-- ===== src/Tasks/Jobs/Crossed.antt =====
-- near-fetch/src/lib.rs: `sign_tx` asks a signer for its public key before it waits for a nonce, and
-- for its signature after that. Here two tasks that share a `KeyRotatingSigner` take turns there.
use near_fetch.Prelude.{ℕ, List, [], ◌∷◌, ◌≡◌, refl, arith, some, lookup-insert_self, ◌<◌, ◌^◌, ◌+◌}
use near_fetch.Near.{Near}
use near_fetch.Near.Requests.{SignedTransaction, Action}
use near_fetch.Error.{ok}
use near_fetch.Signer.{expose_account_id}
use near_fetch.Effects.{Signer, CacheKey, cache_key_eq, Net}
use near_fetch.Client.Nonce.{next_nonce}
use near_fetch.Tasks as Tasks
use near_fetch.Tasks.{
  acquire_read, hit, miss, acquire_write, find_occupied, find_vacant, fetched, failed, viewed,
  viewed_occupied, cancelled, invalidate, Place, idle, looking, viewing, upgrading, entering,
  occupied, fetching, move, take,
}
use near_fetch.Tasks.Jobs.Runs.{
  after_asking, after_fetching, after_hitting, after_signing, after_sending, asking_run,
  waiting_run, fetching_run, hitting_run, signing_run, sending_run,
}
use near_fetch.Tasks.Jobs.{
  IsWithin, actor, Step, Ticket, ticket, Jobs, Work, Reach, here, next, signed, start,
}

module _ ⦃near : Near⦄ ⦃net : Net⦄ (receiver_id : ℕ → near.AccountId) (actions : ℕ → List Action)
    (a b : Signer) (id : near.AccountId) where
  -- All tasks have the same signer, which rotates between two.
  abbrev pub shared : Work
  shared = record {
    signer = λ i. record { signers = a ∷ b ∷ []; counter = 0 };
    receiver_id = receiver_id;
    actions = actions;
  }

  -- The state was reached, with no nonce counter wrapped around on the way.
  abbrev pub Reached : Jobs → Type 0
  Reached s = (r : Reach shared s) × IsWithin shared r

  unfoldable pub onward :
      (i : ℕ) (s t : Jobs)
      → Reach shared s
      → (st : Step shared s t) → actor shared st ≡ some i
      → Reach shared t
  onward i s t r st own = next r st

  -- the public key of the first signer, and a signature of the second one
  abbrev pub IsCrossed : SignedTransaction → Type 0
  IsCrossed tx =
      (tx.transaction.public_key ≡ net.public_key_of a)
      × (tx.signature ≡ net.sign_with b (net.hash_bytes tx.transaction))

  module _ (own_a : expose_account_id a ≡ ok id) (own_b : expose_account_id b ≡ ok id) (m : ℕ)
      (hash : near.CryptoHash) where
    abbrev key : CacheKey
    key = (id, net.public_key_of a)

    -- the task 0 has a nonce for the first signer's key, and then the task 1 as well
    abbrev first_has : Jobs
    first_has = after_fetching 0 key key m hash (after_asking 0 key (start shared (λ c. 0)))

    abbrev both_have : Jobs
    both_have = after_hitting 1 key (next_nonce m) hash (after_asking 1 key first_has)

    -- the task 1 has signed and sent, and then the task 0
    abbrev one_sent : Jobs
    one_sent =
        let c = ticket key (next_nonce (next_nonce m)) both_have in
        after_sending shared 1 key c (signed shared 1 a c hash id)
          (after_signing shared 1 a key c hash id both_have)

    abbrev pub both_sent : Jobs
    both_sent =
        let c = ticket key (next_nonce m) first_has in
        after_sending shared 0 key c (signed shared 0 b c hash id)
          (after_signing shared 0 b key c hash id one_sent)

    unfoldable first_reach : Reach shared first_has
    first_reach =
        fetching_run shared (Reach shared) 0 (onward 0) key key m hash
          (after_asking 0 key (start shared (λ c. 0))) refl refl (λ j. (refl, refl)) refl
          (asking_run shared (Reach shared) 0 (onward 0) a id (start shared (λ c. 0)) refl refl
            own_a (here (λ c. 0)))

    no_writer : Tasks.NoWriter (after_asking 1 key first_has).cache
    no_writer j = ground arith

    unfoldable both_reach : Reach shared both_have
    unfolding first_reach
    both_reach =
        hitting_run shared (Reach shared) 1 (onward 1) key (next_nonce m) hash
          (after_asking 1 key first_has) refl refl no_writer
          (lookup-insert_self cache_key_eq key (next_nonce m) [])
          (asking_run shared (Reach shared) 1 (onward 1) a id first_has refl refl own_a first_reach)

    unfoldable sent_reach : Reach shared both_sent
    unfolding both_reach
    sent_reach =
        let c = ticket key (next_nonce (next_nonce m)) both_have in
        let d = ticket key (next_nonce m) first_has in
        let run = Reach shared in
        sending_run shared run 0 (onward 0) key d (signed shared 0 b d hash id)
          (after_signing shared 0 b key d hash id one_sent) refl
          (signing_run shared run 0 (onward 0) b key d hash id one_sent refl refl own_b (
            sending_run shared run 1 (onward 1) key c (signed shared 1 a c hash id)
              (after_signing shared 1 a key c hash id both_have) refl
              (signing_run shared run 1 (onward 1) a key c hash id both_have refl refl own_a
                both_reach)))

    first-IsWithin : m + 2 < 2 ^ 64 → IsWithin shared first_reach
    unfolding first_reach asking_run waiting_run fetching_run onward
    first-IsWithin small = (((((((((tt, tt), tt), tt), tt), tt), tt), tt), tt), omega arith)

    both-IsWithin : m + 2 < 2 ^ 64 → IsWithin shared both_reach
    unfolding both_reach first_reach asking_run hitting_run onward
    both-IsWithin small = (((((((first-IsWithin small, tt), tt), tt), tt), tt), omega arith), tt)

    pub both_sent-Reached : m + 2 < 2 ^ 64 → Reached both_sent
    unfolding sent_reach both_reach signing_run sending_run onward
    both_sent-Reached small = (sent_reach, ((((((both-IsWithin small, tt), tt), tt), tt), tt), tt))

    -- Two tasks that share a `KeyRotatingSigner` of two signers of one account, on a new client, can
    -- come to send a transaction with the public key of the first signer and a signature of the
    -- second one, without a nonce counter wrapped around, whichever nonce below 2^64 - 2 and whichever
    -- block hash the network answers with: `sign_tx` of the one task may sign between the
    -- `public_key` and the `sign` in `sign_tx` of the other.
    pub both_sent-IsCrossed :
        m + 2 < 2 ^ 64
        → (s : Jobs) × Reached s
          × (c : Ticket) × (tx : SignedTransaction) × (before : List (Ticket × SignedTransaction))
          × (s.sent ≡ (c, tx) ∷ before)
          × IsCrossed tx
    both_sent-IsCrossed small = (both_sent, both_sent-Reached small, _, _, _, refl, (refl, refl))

————————

Each of the entries above should be written out again exactly.

• **Task result**
-- ===== src/Tasks/Jobs/Crossed.antt =====
-- near-fetch/src/lib.rs: `sign_tx` asks a signer for its public key before it waits for a nonce, and
-- for its signature after that. Here two tasks that share a `KeyRotatingSigner` take turns there.
use near_fetch.Prelude.{ℕ, List, [], ◌∷◌, ◌≡◌, refl, arith, some, lookup-insert_self, ◌<◌, ◌^◌, ◌+◌}
use near_fetch.Near.{Near}
use near_fetch.Near.Requests.{SignedTransaction, Action}
use near_fetch.Error.{ok}
use near_fetch.Signer.{expose_account_id}
use near_fetch.Effects.{Signer, CacheKey, cache_key_eq, Net}
use near_fetch.Client.Nonce.{next_nonce}
use near_fetch.Tasks as Tasks
use near_fetch.Tasks.{
  acquire_read, hit, miss, acquire_write, find_occupied, find_vacant, fetched, failed, viewed,
  viewed_occupied, cancelled, invalidate, Place, idle, looking, viewing, upgrading, entering,
  occupied, fetching, move, take,
}
use near_fetch.Tasks.Jobs.Runs.{
  after_asking, after_fetching, after_hitting, after_signing, after_sending, asking_run,
  waiting_run, fetching_run, hitting_run, signing_run, sending_run,
}
use near_fetch.Tasks.Jobs.{
  IsWithin, actor, Step, Ticket, ticket, Jobs, Work, Reach, here, next, signed, start,
}

module _ ⦃near : Near⦄ ⦃net : Net⦄ (receiver_id : ℕ → near.AccountId) (actions : ℕ → List Action)
    (a b : Signer) (id : near.AccountId) where
  -- All tasks have the same signer, which rotates between two.
  abbrev pub shared : Work
  shared = record {
    signer = λ i. record { signers = a ∷ b ∷ []; counter = 0 };
    receiver_id = receiver_id;
    actions = actions;
  }

  -- The state was reached, with no nonce counter wrapped around on the way.
  abbrev pub Reached : Jobs → Type 0
  Reached s = (r : Reach shared s) × IsWithin shared r

  unfoldable pub onward :
      (i : ℕ) (s t : Jobs)
      → Reach shared s
      → (st : Step shared s t) → actor shared st ≡ some i
      → Reach shared t
  onward i s t r st own = next r st

  -- the public key of the first signer, and a signature of the second one
  abbrev pub IsCrossed : SignedTransaction → Type 0
  IsCrossed tx =
      (tx.transaction.public_key ≡ net.public_key_of a)
      × (tx.signature ≡ net.sign_with b (net.hash_bytes tx.transaction))

  module _ (own_a : expose_account_id a ≡ ok id) (own_b : expose_account_id b ≡ ok id) (m : ℕ)
      (hash : near.CryptoHash) where
    abbrev key : CacheKey
    key = (id, net.public_key_of a)

    -- the task 0 has a nonce for the first signer's key, and then the task 1 as well
    abbrev first_has : Jobs
    first_has = after_fetching 0 key key m hash (after_asking 0 key (start shared (λ c. 0)))

    abbrev both_have : Jobs
    both_have = after_hitting 1 key (next_nonce m) hash (after_asking 1 key first_has)

    -- the task 1 has signed and sent, and then the task 0
    abbrev one_sent : Jobs
    one_sent =
        let c = ticket key (next_nonce (next_nonce m)) both_have in
        after_sending shared 1 key c (signed shared 1 a c hash id)
          (after_signing shared 1 a key c hash id both_have)

    abbrev pub both_sent : Jobs
    both_sent =
        let c = ticket key (next_nonce m) first_has in
        after_sending shared 0 key c (signed shared 0 b c hash id)
          (after_signing shared 0 b key c hash id one_sent)

    unfoldable first_reach : Reach shared first_has
    first_reach =
        fetching_run shared (Reach shared) 0 (onward 0) key key m hash
          (after_asking 0 key (start shared (λ c. 0))) refl refl (λ j. (refl, refl)) refl
          (asking_run shared (Reach shared) 0 (onward 0) a id (start shared (λ c. 0)) refl refl
            own_a (here (λ c. 0)))

    no_writer : Tasks.NoWriter (after_asking 1 key first_has).cache
    no_writer j = ground arith

    unfoldable both_reach : Reach shared both_have
    unfolding first_reach
    both_reach =
        hitting_run shared (Reach shared) 1 (onward 1) key (next_nonce m) hash
          (after_asking 1 key first_has) refl refl no_writer
          (lookup-insert_self cache_key_eq key (next_nonce m) [])
          (asking_run shared (Reach shared) 1 (onward 1) a id first_has refl refl own_a first_reach)

    unfoldable sent_reach : Reach shared both_sent
    unfolding both_reach
    sent_reach =
        let c = ticket key (next_nonce (next_nonce m)) both_have in
        let d = ticket key (next_nonce m) first_has in
        let run = Reach shared in
        sending_run shared run 0 (onward 0) key d (signed shared 0 b d hash id)
          (after_signing shared 0 b key d hash id one_sent) refl
          (signing_run shared run 0 (onward 0) b key d hash id one_sent refl refl own_b (
            sending_run shared run 1 (onward 1) key c (signed shared 1 a c hash id)
              (after_signing shared 1 a key c hash id both_have) refl
              (signing_run shared run 1 (onward 1) a key c hash id both_have refl refl own_a
                both_reach)))

    first-IsWithin : m + 2 < 2 ^ 64 → IsWithin shared first_reach
    unfolding first_reach asking_run waiting_run fetching_run onward
    first-IsWithin small = (((((((((tt, tt), tt), tt), tt), tt), tt), tt), tt), omega arith)

    both-IsWithin : m + 2 < 2 ^ 64 → IsWithin shared both_reach
    unfolding both_reach first_reach asking_run hitting_run onward
    both-IsWithin small = (((((((first-IsWithin small, tt), tt), tt), tt), tt), omega arith), tt)

    pub both_sent-Reached : m + 2 < 2 ^ 64 → Reached both_sent
    unfolding sent_reach both_reach signing_run sending_run onward
    both_sent-Reached small = (sent_reach, ((((((both-IsWithin small, tt), tt), tt), tt), tt), tt))

    -- Two tasks that share a `KeyRotatingSigner` of two signers of one account, on a new client, can
    -- come to send a transaction with the public key of the first signer and a signature of the
    -- second one, without a nonce counter wrapped around, whichever nonce below 2^64 - 2 and whichever
    -- block hash the network answers with: `sign_tx` of the one task may sign between the
    -- `public_key` and the `sign` in `sign_tx` of the other.
    pub both_sent-IsCrossed :
        m + 2 < 2 ^ 64
        → (s : Jobs) × Reached s
          × (c : Ticket) × (tx : SignedTransaction) × (before : List (Ticket × SignedTransaction))
          × (s.sent ≡ (c, tx) ∷ before)
          × IsCrossed tx
    both_sent-IsCrossed small = (both_sent, both_sent-Reached small, _, _, _, refl, (refl, refl))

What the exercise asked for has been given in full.